Cornelius Murphy

Fordham Rams
- Position: Tackle

Personal information
- Born: March 27, 1909 Greenfield, Massachusetts, U.S.
- Died: December 2, 1931 (aged 22) Bronx, New York, New York, U.S.

Career information
- College: Fordham (1930)

Awards and highlights
- First-team All-American (1930);

= Cornelius Murphy =

American football player (1909–1931)

Cornelius J. "Connie" Murphy (March 27, 1909 – December 2, 1931) was an American football player.

A native of Greenfield, Massachusetts, Murphy was an all-around athlete at Greenfield High School. He attended Deerfield Academy for two years before enrolling at Fordham University. He played at the tackle position for the Fordham Rams football team. As a sophomore, he was selected by the International News Service as a first-team player on the 1930 College Football All-America Team.
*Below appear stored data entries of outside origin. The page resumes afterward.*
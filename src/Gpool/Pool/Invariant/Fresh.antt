-- ===== src/Gpool/Pool/Invariant/Fresh.antt =====
-- The invariant of a pool that `GpoolInit2` of gpool/gpool.go has just filled.
use lgobase.Base.{
  ℕ, zero, suc, ◌≤◌, ◌≡◌, refl, sym, ap, ◌∙◌, true, false, [], ◌∷◌, ◌++◌, some, arith, length,
  get_elem?-concat_last, modify_concat, count, count-append, if_cases,
}
use lgobase.Base.Int.{ℤ, pos_part}
use lgobase.Gpool.IdleQueue.{push}
use lgobase.Gpool.IdleQueue.Ring.{new-Holds, push-Holds, length-push}
use lgobase.Gpool.IdleQueue.Deque.{length-new}
use lgobase.Gpool.Pool.{Gpool, PoolConn, ConnState, idle, Config, init, add_conn, set_state}
use lgobase.Gpool.Pool.Borrow.{Created, made, failed}
use lgobase.Gpool.Pool.Opening.{create_idle_one, create_idle, create_idle_conn, open_pool}
use lgobase.Gpool.Pool.Dispatch.{reservations}
use lgobase.Gpool.Pool.Counters.Return.{push_refused}
use lgobase.Gpool.Pool.Ownership.{Owns, is_idle}
use lgobase.Gpool.Pool.Ownership.Return.{push_room}
use lgobase.Gpool.Pool.Ownership.Transfer.{Held-Transfer, Owns-add, Owns-same}
use lgobase.Gpool.Pool.Invariant.{Inv}

-- A pool that nobody has used, of at most `limit` connections.
pub record Fresh (gp : Gpool) (limit : ℕ) : Type 0 where
  pub owns : Owns gp (λ c. 0)
  pub room : length gp.idle.items ≤ limit
  pub limit_is : pos_part gp.max_conns ≡ limit
  pub no_slots : (gp.in_use ≡ 0) × (gp.creating ≡ 0) × (gp.closing ≡ 0)
  pub no_waiters : (gp.waiters ≡ []) × (gp.waits ≡ 0) × (gp.waiter_states ≡ [])
  pub no_results : gp.results ≡ []
  pub is_open : (gp.closed ≡ false) × (gp.close_ended ≡ false)

init-Fresh : (c : Config) → Fresh (init c) (pos_part c.max_conns)
unfolding init
init-Fresh c = record {
  owns = (
    [],
    record {
      holds = new-Holds _;
      idle_once = λ j. refl;
      closing_once = λ j. refl;
      borrowed_is = refl;
    },
  );
  room = ground (arith, length-new ℕ (init c).max_idle_conns);
  limit_is = refl;
  no_slots = (refl, refl, refl);
  no_waiters = (refl, refl, refl);
  no_results = refl;
  is_open = (refl, refl);
}

abbrev dropped : Gpool → PoolConn → Gpool
dropped gp pc = add_conn gp (set_state ConnState.closed pc)

-- A new connection goes into the ring.
added-Owns :
    (gp gp' : Gpool) (pc : PoolConn)
    → Owns gp (λ c. 0)
    → pc.state ≡ idle
    → (push gp.idle (some (length gp.conns))).1 ≡ true
    → gp'.idle ≡ (push gp.idle (some (length gp.conns))).0
    → gp'.conns ≡ gp.conns ++ pc ∷ []
    → gp'.in_use ≡ gp.in_use
    → Owns gp' (λ c. 0)
added-Owns gp gp' pc o s ok e f g =
    let c = length gp.conns in
    let before = dropped gp pc in
    let kept : Owns before (λ j. 0) =
      Owns-add gp before (λ j. 0) (λ j. 0) (set_state ConnState.closed pc) o refl refl refl refl
        (λ j ne. refl) (omega arith) in
    let absent : count c kept.0 ≡ 0 =
      kept.1.idle_once c
      ∙ ap is_idle (get_elem?-concat_last gp.conns (set_state ConnState.closed pc)) in
    let more = λ (j : ℕ). count-append j kept.0 (c ∷ []) in
    let room = push_room gp.idle kept.0 c kept.1.holds ok in
    (
      kept.0 ++ c ∷ [],
      Held-Transfer before gp' (λ j. 0) (λ j. 0) kept.0 (kept.0 ++ c ∷ []) c
          (set_state ConnState.closed pc) (λ x. pc) kept.1
          (record {
            held = get_elem?-concat_last gp.conns (set_state ConnState.closed pc);
            conns_is = f ∙ sym (modify_concat gp.conns (set_state ConnState.closed pc) (λ x. pc));
            holds = rw e (push-Holds gp.idle kept.0 c kept.1.holds room);
            idle_here = ground (arith, more c, absent);
            idle_there = λ j ne. ground (arith, more j);
            closing_here = ground arith;
            closing_there = λ j ne. refl;
            in_use_is = ground arith;
          }),
    )

create_idle_one-Fresh :
    (gp : Gpool) (r : Created) (now : ℤ) (limit : ℕ)
    → Fresh gp limit
    → Fresh (create_idle_one gp r now) limit
unfolding create_idle_one
create_idle_one-Fresh gp (failed e) now limit h = h
create_idle_one-Fresh gp (made ctime) now limit h =
    let q = (push gp.idle (some (length gp.conns))).0 in
    let same = length-push gp.idle (some (length gp.conns)) in
    if_cases (λ g. Fresh g limit) (push gp.idle (some (length gp.conns))).1
      (λ ok. record {
        owns = added-Owns gp _ _ h.owns refl ok refl refl refl;
        room = omega (arith, h.room, same);
        limit_is = h.limit_is;
        no_slots = h.no_slots;
        no_waiters = h.no_waiters;
        no_results = h.no_results;
        is_open = h.is_open;
      })
      (λ full. record {
        owns =
            Owns-same gp _ _ _ h.owns refl (push_refused gp.idle (length gp.conns) full).0 refl
              (λ j. refl);
        room = omega (arith, h.room, same);
        limit_is = h.limit_is;
        no_slots = h.no_slots;
        no_waiters = h.no_waiters;
        no_results = h.no_results;
        is_open = h.is_open;
      })

create_idle-Fresh :
    (n : ℕ) (made_now : ℕ → Created × ℤ) (gp : Gpool) (limit : ℕ)
    → Fresh gp limit
    → Fresh (create_idle n made_now gp) limit
unfolding create_idle
create_idle-Fresh zero made_now gp limit h = h
create_idle-Fresh (suc n) made_now gp limit h =
    create_idle-Fresh n (λ i. made_now (suc i)) _ limit
      (create_idle_one-Fresh gp (made_now 0).0 (made_now 0).1 limit h)

pub open_pool-Fresh :
    (c : Config) (made_now : ℕ → Created × ℤ) → Fresh (open_pool c made_now) (pos_part c.max_conns)
unfolding open_pool create_idle_conn
open_pool-Fresh c made_now = create_idle-Fresh _ made_now (init c) _ (init-Fresh c)

pub Fresh-Inv : (gp : Gpool) (limit : ℕ) → Fresh gp limit → Inv gp [] limit
unfolding reservations
Fresh-Inv gp limit h =
    let fits = h.owns.1.holds.fits in
    record {
      counts = ground (arith, h, fits, h.room);
      owns = Owns-same gp gp _ _ h.owns refl refl refl (λ j. refl);
      limit_is = h.limit_is;
      idle_closers = λ e. tt;
    }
As a junior, he sustained a head injury in a football game played against Bucknell at the Polo Grounds on November 21, 1931. He was carried unconscious from the field and was hospitalized for four days. On December 2, he collapsed and died. An autopsy showed that a clot had formed and a blood vessel at the base of his brain had ruptured. He was the fourth university player to die of football injuries in 1931. There is a bronze bust of him on the Fordham campus.